• **TASK STATEMENT**
List each line of the data that holds the string "Sent".

::::::::::

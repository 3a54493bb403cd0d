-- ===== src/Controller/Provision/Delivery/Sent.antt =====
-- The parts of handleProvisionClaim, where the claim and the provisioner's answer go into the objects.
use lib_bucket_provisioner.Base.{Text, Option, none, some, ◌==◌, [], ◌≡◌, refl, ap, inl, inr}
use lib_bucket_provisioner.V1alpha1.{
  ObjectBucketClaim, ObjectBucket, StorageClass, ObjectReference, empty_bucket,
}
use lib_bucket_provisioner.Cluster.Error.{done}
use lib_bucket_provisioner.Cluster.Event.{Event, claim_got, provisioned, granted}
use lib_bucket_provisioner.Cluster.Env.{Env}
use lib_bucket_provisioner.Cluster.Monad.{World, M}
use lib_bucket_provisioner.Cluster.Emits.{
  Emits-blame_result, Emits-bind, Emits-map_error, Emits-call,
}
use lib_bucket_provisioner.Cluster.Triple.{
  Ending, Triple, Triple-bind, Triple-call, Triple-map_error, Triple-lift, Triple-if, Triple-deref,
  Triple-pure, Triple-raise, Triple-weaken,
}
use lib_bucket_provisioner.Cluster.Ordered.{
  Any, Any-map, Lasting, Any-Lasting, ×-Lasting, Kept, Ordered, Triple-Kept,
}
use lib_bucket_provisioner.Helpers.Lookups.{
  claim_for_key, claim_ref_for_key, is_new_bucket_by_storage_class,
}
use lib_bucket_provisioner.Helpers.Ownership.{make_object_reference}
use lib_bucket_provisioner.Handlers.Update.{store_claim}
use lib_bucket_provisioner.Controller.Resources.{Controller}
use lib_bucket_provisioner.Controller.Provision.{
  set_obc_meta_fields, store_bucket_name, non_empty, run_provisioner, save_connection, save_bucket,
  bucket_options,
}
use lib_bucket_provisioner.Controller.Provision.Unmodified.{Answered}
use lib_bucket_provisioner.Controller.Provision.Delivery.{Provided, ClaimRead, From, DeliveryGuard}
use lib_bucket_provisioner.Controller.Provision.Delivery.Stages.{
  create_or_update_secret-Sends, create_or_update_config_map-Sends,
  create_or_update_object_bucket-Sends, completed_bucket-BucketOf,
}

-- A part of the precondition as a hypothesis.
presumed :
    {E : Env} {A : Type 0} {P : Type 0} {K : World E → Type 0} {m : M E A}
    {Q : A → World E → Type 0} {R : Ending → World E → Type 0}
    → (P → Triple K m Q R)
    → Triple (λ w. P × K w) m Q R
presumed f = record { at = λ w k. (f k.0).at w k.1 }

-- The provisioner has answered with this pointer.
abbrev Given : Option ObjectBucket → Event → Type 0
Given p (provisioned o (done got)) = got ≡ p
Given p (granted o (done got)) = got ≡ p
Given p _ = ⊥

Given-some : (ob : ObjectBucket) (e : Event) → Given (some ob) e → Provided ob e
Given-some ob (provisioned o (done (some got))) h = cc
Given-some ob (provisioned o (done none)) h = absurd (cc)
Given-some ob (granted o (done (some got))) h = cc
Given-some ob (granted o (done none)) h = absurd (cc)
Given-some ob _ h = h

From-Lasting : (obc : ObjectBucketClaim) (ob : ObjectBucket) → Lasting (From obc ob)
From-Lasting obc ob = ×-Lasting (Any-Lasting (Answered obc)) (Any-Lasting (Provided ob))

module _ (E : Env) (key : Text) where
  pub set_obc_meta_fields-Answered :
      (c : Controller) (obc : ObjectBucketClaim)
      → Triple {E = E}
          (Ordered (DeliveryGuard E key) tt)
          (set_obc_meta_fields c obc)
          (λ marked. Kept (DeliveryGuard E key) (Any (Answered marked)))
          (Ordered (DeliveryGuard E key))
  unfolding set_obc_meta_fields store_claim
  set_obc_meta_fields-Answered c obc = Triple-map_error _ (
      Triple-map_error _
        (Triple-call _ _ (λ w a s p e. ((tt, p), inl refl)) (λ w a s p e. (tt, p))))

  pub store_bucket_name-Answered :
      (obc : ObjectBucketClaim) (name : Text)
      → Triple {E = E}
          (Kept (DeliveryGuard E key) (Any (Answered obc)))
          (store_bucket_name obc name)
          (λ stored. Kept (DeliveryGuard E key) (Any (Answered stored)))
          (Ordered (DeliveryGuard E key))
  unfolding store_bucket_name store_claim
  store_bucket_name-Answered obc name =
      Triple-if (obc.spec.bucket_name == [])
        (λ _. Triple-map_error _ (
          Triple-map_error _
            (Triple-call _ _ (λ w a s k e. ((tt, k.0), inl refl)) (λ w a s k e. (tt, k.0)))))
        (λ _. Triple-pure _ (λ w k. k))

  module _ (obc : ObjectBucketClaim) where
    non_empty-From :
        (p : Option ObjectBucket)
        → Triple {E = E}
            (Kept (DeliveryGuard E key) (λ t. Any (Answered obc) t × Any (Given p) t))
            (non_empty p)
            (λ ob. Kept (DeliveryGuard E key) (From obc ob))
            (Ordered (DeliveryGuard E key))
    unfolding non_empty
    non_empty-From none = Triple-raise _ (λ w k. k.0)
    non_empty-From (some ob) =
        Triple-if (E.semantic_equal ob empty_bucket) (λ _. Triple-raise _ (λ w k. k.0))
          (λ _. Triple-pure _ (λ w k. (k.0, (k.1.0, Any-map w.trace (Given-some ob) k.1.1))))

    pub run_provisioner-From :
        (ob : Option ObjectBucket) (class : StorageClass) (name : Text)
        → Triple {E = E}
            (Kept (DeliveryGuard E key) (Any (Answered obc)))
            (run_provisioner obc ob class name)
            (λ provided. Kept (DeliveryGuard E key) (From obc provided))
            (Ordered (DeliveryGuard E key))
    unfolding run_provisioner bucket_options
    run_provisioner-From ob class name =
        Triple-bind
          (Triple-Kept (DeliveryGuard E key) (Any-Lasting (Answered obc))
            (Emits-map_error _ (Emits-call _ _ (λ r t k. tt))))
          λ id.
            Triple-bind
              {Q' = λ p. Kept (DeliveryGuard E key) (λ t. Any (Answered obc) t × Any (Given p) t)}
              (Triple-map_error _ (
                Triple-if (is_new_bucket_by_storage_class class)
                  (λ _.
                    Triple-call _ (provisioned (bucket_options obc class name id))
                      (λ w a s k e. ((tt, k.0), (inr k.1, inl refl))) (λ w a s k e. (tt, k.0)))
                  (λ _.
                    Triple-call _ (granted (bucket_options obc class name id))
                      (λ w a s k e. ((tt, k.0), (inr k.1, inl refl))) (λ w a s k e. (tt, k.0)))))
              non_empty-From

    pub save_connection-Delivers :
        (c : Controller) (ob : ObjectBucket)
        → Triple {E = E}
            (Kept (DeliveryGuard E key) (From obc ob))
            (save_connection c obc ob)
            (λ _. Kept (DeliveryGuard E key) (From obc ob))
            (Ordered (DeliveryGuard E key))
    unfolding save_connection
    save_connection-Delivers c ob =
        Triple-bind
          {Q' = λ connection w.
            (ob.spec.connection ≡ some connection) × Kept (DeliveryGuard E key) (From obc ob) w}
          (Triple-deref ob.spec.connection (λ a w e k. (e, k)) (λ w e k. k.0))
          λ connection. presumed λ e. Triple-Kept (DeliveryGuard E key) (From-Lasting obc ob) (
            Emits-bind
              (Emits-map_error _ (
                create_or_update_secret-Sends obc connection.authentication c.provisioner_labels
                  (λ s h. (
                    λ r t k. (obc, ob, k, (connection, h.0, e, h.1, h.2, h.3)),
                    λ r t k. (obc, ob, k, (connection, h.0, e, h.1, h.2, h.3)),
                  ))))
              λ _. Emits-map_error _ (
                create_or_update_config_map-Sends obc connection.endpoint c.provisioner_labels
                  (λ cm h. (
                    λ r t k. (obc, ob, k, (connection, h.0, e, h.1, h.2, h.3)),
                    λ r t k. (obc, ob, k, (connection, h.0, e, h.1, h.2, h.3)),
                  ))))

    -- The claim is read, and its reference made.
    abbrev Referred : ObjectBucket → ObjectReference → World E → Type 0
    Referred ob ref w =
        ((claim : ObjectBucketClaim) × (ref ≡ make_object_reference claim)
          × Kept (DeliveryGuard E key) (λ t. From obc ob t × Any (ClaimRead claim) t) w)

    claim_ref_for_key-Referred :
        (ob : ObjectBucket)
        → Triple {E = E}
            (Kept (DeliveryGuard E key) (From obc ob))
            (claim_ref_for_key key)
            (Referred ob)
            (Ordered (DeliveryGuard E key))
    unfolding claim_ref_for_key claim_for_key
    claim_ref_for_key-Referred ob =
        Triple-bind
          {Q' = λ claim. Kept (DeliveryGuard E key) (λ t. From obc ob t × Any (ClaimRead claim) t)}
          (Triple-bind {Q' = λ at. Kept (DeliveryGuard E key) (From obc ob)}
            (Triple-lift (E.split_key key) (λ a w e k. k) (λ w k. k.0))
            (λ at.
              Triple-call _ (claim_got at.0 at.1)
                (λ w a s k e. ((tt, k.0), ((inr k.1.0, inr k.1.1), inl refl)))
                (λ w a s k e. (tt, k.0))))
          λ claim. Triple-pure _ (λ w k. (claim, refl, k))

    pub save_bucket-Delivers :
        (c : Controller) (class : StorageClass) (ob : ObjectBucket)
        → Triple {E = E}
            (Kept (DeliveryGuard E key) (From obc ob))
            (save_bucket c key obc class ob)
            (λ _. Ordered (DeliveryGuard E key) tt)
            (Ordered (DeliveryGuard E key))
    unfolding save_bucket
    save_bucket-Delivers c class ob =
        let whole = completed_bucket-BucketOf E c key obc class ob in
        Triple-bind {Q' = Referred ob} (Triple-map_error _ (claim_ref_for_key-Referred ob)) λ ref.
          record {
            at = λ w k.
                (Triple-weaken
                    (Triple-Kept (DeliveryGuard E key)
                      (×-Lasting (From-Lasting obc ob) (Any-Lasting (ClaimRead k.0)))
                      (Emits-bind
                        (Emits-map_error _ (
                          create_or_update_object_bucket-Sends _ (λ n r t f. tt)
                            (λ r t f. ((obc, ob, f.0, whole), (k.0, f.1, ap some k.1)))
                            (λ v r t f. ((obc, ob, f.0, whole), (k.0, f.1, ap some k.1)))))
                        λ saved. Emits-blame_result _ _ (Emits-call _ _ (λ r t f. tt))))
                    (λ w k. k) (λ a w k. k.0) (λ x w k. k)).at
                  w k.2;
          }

::::::::::

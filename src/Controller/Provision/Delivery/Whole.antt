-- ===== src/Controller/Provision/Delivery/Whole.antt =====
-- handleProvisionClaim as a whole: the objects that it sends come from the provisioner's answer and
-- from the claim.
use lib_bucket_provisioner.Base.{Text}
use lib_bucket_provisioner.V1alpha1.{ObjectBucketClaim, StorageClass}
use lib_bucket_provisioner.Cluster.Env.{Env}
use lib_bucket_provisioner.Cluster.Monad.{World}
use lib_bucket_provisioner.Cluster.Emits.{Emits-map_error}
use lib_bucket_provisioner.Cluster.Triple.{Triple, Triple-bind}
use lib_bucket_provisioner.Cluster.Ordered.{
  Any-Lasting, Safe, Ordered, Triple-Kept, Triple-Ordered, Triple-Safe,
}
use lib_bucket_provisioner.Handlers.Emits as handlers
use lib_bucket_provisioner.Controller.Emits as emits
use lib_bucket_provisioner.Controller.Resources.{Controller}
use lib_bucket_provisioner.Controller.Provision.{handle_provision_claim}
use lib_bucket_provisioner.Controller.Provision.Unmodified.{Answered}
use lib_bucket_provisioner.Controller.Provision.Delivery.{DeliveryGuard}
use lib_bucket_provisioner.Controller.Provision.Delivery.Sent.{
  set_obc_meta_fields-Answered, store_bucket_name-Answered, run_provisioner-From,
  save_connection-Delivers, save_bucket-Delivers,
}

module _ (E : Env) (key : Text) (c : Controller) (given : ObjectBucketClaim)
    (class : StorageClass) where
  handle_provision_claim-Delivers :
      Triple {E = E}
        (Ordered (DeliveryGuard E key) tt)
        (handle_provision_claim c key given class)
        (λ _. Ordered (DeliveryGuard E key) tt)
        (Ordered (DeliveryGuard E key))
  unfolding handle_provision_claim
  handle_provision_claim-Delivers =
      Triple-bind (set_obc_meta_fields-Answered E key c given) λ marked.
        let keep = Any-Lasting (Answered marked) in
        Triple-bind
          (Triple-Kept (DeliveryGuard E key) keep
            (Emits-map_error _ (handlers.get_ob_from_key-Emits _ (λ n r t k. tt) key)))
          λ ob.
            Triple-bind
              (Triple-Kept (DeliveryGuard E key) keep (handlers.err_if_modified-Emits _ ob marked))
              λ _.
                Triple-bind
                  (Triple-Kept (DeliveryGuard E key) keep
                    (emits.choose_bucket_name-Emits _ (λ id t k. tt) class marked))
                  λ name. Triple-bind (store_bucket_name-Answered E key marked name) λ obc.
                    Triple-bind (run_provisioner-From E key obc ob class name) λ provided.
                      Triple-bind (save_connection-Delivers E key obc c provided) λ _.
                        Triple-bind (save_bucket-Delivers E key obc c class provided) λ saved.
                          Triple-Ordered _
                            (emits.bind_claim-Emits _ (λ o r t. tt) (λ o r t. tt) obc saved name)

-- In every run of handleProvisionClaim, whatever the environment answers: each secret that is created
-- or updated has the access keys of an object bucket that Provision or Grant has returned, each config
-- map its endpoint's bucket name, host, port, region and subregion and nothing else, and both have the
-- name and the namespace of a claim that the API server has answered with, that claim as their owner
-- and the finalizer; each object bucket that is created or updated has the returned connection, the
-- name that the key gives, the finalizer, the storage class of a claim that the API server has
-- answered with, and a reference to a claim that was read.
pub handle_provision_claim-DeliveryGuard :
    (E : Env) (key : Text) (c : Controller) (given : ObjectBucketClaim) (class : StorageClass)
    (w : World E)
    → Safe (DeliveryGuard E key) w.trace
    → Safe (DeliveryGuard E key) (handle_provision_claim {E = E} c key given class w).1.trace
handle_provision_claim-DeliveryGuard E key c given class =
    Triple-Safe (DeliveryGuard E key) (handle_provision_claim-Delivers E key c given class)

::::::::::

• **SOLVED PROBLEM**
-- ===== src/Controller/Provision/Delivery/Sent.antt =====
use lib_bucket_provisioner.Controller.Provision.Delivery.Sent.{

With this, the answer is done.